Debian のグラフィカルインターフェースのサポートは、X.Org による X11 システムでサポートされているかどうかで決まります。昨今の PC では、搭載しているグラフィカルディスプレイは、大抵うまく動作します。3D ハードウェアアクセラレーションや、ハードウェアアクセラーションビデオといった、高性能なグラフィックカードの機能が有効かどうかは、システムで使用する実際のグラフィックハードウェアと、ある状況下では、追加 「ファームウェア」 イメージのインストール (「ファームウェアが必要なデバイス」 参照) に依存します。非常に少数ですが、基本的なグラフィックをサポートだけでも、追加のグラフィックカードファームウェアのインストールを必要とする、ハードウェアがあるという報告がありました。しかしこれは稀な例外です。
サポートされているグラフィックカードやポインティングデバイスに関する、より詳細な情報は http://xorg.freedesktop.org/ にあります。Debian 9 は X.Org バージョン 7.7 を採用しています。
Linux カーネルがサポートしているネットワークインターフェースカード (NIC) なら、インストールシステムでもほとんどサポートしています。ドライバモジュールは、通常自動的に読み込まれます。
一般的にワイヤレスネットワークは、よくサポートされており、公式 Linux カーネルでサポートしているワイヤレスアダプタの数は増加していますが、多くはファームウェアの読み込みが必要です。
ファームウェアが必要な場合、インストーラはファームウェアのロードを促します。インストール中のファームウェアのロードについての詳細は、「見つからないファームウェアの読み込み」 をご覧ください。
公式 Linux カーネルでサポートされていないワイヤレス NIC も Debian GNU/Linux で動作しますが、インストールの間はサポートされません。
ワイヤレスに問題があり、その他の NIC がインストール中に使用できない場合でも、フルサイズの CD-ROM・DVD イメージを使用して、Debian GNU/Linux をインストールできます。ネットワークを設定しないようにし、CD/DVD にあるパッケージのみを使用してインストールを行ってください、インストールが完了後 (リブート後) に、必要なドライバとファームウェアをインストールし、ネットワークを手動で設定してください。

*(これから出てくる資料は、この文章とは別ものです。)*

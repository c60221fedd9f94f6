-- ===== src/Dispatcher/Garbage.antt =====
-- What is left of the subscriptions of adapters that are gone (src/disp.cc, `check_subscriptions` and
-- `clear_sub_gabages`).
use flora.Base.{
  ℕ, ◌≡◌, refl, sym, ◌∙◌, true, false, List, [], ◌∷◌, none, String, keep, All, lookup, subst,
  or_else, arith, Bool-cases, inl, inr, ◌==◌, string_key,
}
use flora.Dispatcher.State.{State, Net}
use flora.Dispatcher.Subscription.{clear_sub_gabages, check_subscriptions, is_empty}
use flora.Dispatcher.Subscribers.{times, times-keep}

-- No adapter of the list is gone, and the list is not empty.
abbrev pub IsLiving : Net → String × List ℕ → Type 0
IsLiving net e = All (λ a. (net.heap a).alive ≡ true) e.1 × (is_empty e.1 ≡ false)

keep-IsAlive :
    (net : Net) (xs : List ℕ)
    → All (λ a. (net.heap a).alive ≡ true) (keep (λ a. (net.heap a).alive) xs)
keep-IsAlive net [] = tt
keep-IsAlive net (x ∷ xs) = elim (Bool-cases (net.heap x).alive) [
  | inl here ↦ rw here (here, keep-IsAlive net xs)
  | inr gone ↦ rw gone (keep-IsAlive net xs)
]

-- Clearing the garbage leaves no adapter that is gone and no name with an empty list.
pub clear_sub_gabages-IsLiving :
    (net : Net) (m : List (String × List ℕ)) → All (IsLiving net) (clear_sub_gabages net m)
unfolding clear_sub_gabages
clear_sub_gabages-IsLiving net [] = tt
clear_sub_gabages-IsLiving net ((name, xs) ∷ m) =
    elim (Bool-cases (is_empty (keep (λ a. (net.heap a).alive) xs))) [
      | inl empty ↦ rw empty (clear_sub_gabages-IsLiving net m)
      | inr some_left ↦
          rw some_left ((keep-IsAlive net xs, some_left), clear_sub_gabages-IsLiving net m)
    ]

-- The names are the keys of a `std::map`.
abbrev pub HasNo : String → List (String × List ℕ) → Type 0
HasNo name = All (λ e. (e.0 == name) ≡ false)

abbrev pub AreKeys : List (String × List ℕ) → Type 0
AreKeys [] = Unit {0}
AreKeys (e ∷ m) = HasNo e.0 m × AreKeys m

cleared-lookup :
    (net : Net) (name : String) (m : List (String × List ℕ))
    → HasNo name m
    → lookup name (clear_sub_gabages net m) ≡ none
unfolding clear_sub_gabages lookup
cleared-lookup net name [] h = refl
cleared-lookup net name ((n, xs) ∷ m) h =
    elim (Bool-cases (is_empty (keep (λ a. (net.heap a).alive) xs))) [
      | inl empty ↦ rw empty (cleared-lookup net name m h.1)
      | inr some_left ↦ rw (some_left, h.0) (cleared-lookup net name m h.1)
    ]

living-times :
    (net : Net) (b : ℕ) (xs : List ℕ)
    → (net.heap b).alive ≡ true
    → times b (keep (λ a. (net.heap a).alive) xs) ≡ times b xs
living-times net b xs live = times-keep b (λ a. (net.heap a).alive) xs ∙ rw live

no-times : (b : ℕ) (xs : List ℕ) → is_empty xs ≡ true → times b xs ≡ 0
no-times b [] e = refl
no-times b (x ∷ xs) e = ground arith

-- An adapter that is still there stands in the list of every name as often as before.
pub clear_sub_gabages-times :
    (net : Net) (b : ℕ) (name : String) (m : List (String × List ℕ))
    → (net.heap b).alive ≡ true
    → AreKeys m
    → times b (or_else (lookup name (clear_sub_gabages net m)) [])
      ≡ times b (or_else (lookup name m) [])
unfolding clear_sub_gabages lookup
clear_sub_gabages-times net b name [] live keys = refl
clear_sub_gabages-times net b name ((n, xs) ∷ m) live keys =
    let left = keep (λ a. (net.heap a).alive) xs in
    let rest = clear_sub_gabages-times net b name m live keys.1 in
    elim (Bool-cases (n == name)) [
      | inr differ ↦ elim (Bool-cases (is_empty left)) [
        | inl empty ↦ rw (empty, differ) rest
        | inr some_left ↦ rw (some_left, differ) rest
      ]
      | inl same ↦ elim (Bool-cases (is_empty left)) [
        | inl empty ↦
            let path : n ≡ name = (string_key.equal_iff n name).0 same in
            let gone : lookup name (clear_sub_gabages net m) ≡ none =
              cleared-lookup net name m (subst (λ k. HasNo k m) path keys.0) in
            rw (empty, same, gone) (sym (no-times b left empty) ∙ living-times net b xs live)
        | inr some_left ↦ rw (some_left, same) (living-times net b xs live)
      ]
    ]

-- Whether the garbage is cleared or not, an adapter that is still there stands in the list of every
-- name as often as before, the names being the different keys of a map.
pub check_subscriptions-times :
    {C : Type 0} (now b : ℕ) (name : String) (st : State C)
    → (st.net.heap b).alive ≡ true
    → AreKeys st.subscriptions
    → times b (or_else (lookup name (check_subscriptions now st).subscriptions) [])
      ≡ times b (or_else (lookup name st.subscriptions) [])
unfolding check_subscriptions
check_subscriptions-times now b name st live keys =
    ground (arith, clear_sub_gabages-times st.net b name st.subscriptions live keys)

いくつかの場合、必要なドライバが Debian パッケージとして利用できないことがあります。その場合、インターネットから利用できるソースコードがあるかどうか探し、自分でドライバをコンパイルする必要があるでしょう。どのように行うかはこのマニュアルでは扱いません。
点字ディスプレイのサポートは、brltty
で見つかる基本的なサポートにより決定されます。brltty
で動作するほとんどのディスプレイは、シリアルポートや USB、bluetooth で接続します。点字デバイスサポートの詳細は、 brltty
ウェブサイト にあります。Debian GNU/Linux 9 では、brltty
のバージョン 5.2 を提供しています。